IKHALIIL
WW3 ENJOYER

Kenyan khat farmers halt exports to Somalia, demand higher prices
Mogadishu (HOL) — Kenyan khat farmers have suspended exports to Somalia, escalating a pricing dispute that has left Mogadishu's bustling khat markets shuttered for nearly a week. The farmers, frustrated with what they describe as exploitative pricing, demand that exporters pay an additional 300...
Thursday February 13, 2025
Mogadishu (HOL) — Kenyan khat farmers have suspended exports to Somalia, escalating a pricing dispute that has left Mogadishu's bustling khat markets shuttered for nearly a week. The farmers, frustrated with what they describe as exploitative pricing, demand that exporters pay an additional 300 Kenyan shillings (Ksh) per kilogram and enforce a minimum payment of Ksh 200,000 per bag for the premium "Grid" variety of khat.
The boycott threatens to disrupt the khat supply chain, which serves Somalia's insatiable appetite for the stimulant. Despite khat selling for up to Ksh 5,700 per kilogram in Mogadishu, Kenyan farmers argue they receive Ksh 300—an imbalance they say enriches intermediaries and transporters at their expense.

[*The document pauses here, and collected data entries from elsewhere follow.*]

-- ===== src/Samples/Devices.antt =====
-- Input routing on concrete events.
use framekit.Base.{
  ℕ, ◌≡◌, refl, true, false, Bool, String, List, [], ◌∷◌, ◌++◌, some, any, ◌==◌, nat_eq,
}
use framekit.Base.Assoc.{lookup, insert}
use framekit.Input.{
  InputDevice, InputAction, RawInputEvent, NormalizedInputEvent, InputRouter, new_router,
  subscribe_window, subscribe_global, resolve_target_window,
}
use framekit.Input.Routing.{route, route_target, route_window, route_handlers, route_loop}
use framekit.Input.Targets.{Routed, route-Routed}
use framekit.Input.Subscribed.{Rising, Reach, new, next, on_window, on_global}
use framekit.Input.Aims.{OfferedTo}
use framekit.Base.Assoc.{AllValues}
use framekit.Base.{Option, arith}
use framekit.Input.{HandlerEntry}
use framekit.Input.Pending.{
  InputRoutingRuntime, new_input_runtime, enqueue_raw_input, normalize_pending, dispatch_pending,
}
use framekit.Input.Batches.{
  Batch, normalize_pending-Batch, routed, delivered, dropped, dispatch_pending_lem,
}

abbrev key : (window_id : String) → RawInputEvent ℕ
key window_id = record {
  backend_type = "glfw";
  backend_payload = "scancode";
  device = InputDevice.keyboard;
  action = InputAction.key_down;
  timestamp_ns = 5;
  source_id = "keyboard0";
  window_id = window_id;
  pointer_x = 0;
  pointer_y = 0;
  key_code = 65;
  text = "";
  modifiers = record { shift = false; control = false; alt = false; meta = false };
}

abbrev normal_key : (window_id : String) → NormalizedInputEvent ℕ
normal_key window_id = record {
  device = InputDevice.keyboard;
  action = InputAction.key_down;
  timestamp_ns = 5;
  source_id = "keyboard0";
  window_id = window_id;
  pointer_x = 0;
  pointer_y = 0;
  key_code = 65;
  text = "";
  modifiers = record { shift = false; control = false; alt = false; meta = false };
  backend_extension = "scancode";
}

-- A handler is a number: it is noted in the world, and number 2 consumes the event.
abbrev note : ℕ → NormalizedInputEvent ℕ → List ℕ → List ℕ × Bool
note n event w = (w ++ n ∷ [], n == 2)

abbrev two_handlers : InputRouter ℕ
two_handlers = (subscribe_global (subscribe_window new_router "main" (some 1)).0 (some 2)).0

both_called :
    let (result, w) = route note two_handlers (normal_key "main") [] in
    (w ≡ 1 ∷ 2 ∷ []) × (result.delivered_handlers ≡ 2) × (result.consumed ≡ true)
unfolding route route_target route_window route_handlers route_loop resolve_target_window
    subscribe_global subscribe_window new_router lookup insert
both_called = (refl, refl, refl)

other_window : (route note two_handlers (normal_key "tool") []).0.dropped_events ≡ 1
unfolding route route_target route_window route_handlers route_loop resolve_target_window
    subscribe_global subscribe_window new_router lookup insert
other_window = refl

two_handlers_reached : Reach two_handlers
unfolding subscribe_global subscribe_window new_router lookup insert
two_handlers_reached =
    next (next new (on_window "main" (some 1) (omega arith))) (on_global (some 2) (omega arith))

route-Routed_example :
    AllValues Rising two_handlers.window_handlers
    × Rising two_handlers.global_handlers
    × ((targets : Option (List (HandlerEntry ℕ))) × OfferedTo two_handlers
          (normal_key "main")
          targets
        × Routed note
            (normal_key "main")
            targets
            []
            (route note two_handlers (normal_key "main") []))
route-Routed_example = route-Routed note (normal_key "main") two_handlers [] two_handlers_reached

abbrev pending_keys : InputRoutingRuntime ℕ ℕ
pending_keys = enqueue_raw_input (enqueue_raw_input new_input_runtime (key "main")) (key "tool")

normalize_pending-Batch_example :
    Batch pending_keys pending_keys.normalizer (normalize_pending pending_keys)
normalize_pending-Batch_example = normalize_pending-Batch pending_keys

abbrev normal_keys : InputRoutingRuntime ℕ ℕ
normal_keys = record (new_input_runtime {H = ℕ} {F = ℕ}) {
  router = two_handlers;
  normalized_queue = normal_key "main" ∷ normal_key "tool" ∷ [];
}

dispatch_pending_lem_example :
    let (results, w') = routed note two_handlers (normal_key "main" ∷ normal_key "tool" ∷ []) [] in
    let (r', total, w'') = dispatch_pending note normal_keys [] in
    (r' ≡ record normal_keys { normalized_queue = [] })
    × (total.delivered_handlers ≡ delivered results)
    × (total.dropped_events ≡ dropped results)
    × (total.consumed ≡ any (λ x. x.consumed) results)
    × (w'' ≡ w')
dispatch_pending_lem_example = dispatch_pending_lem note normal_keys []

"We cannot sustain farming under these conditions when everyone in the supply chain profits except us," said Karuiru, chairman of the Kenyan Khat Farmers Association. He stressed that the cost of transporting khat to Mogadishu surpasses Ksh 3,000 per kilogram, yet farmers struggle with razor-thin margins. "All we're asking for is an additional Ksh 1,000 per kilogram to secure a fair deal."
The standoff's impact is already felt in Somalia, where traders accuse the government of maintaining policies that favour select importers while leaving local sellers to grapple with soaring costs. In mid-January, Somali female traders staged protests in Mogadishu against high taxation on Kenyan khat, claiming it was eroding their profits.
Kenya's Agriculture and Food Authority (AFA) has acknowledged the farmers' grievances. The agency's Khat Pricing Committee has met with industry stakeholders and is weighing a revised pricing framework. Committee chairman James Mithika confirmed that discussions include the introduction of a guaranteed minimum price of Ksh 700 per kilogram in the dry season and Ksh 500 per kilogram in the rainy season.
Adding another layer to the controversy, Kenyan farmers point to an illegal levy of USD 4.5 per kilogram allegedly imposed by a "cartel" at Jomo Kenyatta International Airport (JKIA). They claim this hidden cost is undermining farm-gate prices while inflating Mogadishu's retail rates.
The farmers have vowed to continue their protest, even as negotiations unfold, signalling further supply chain disruptions unless a resolution is reached.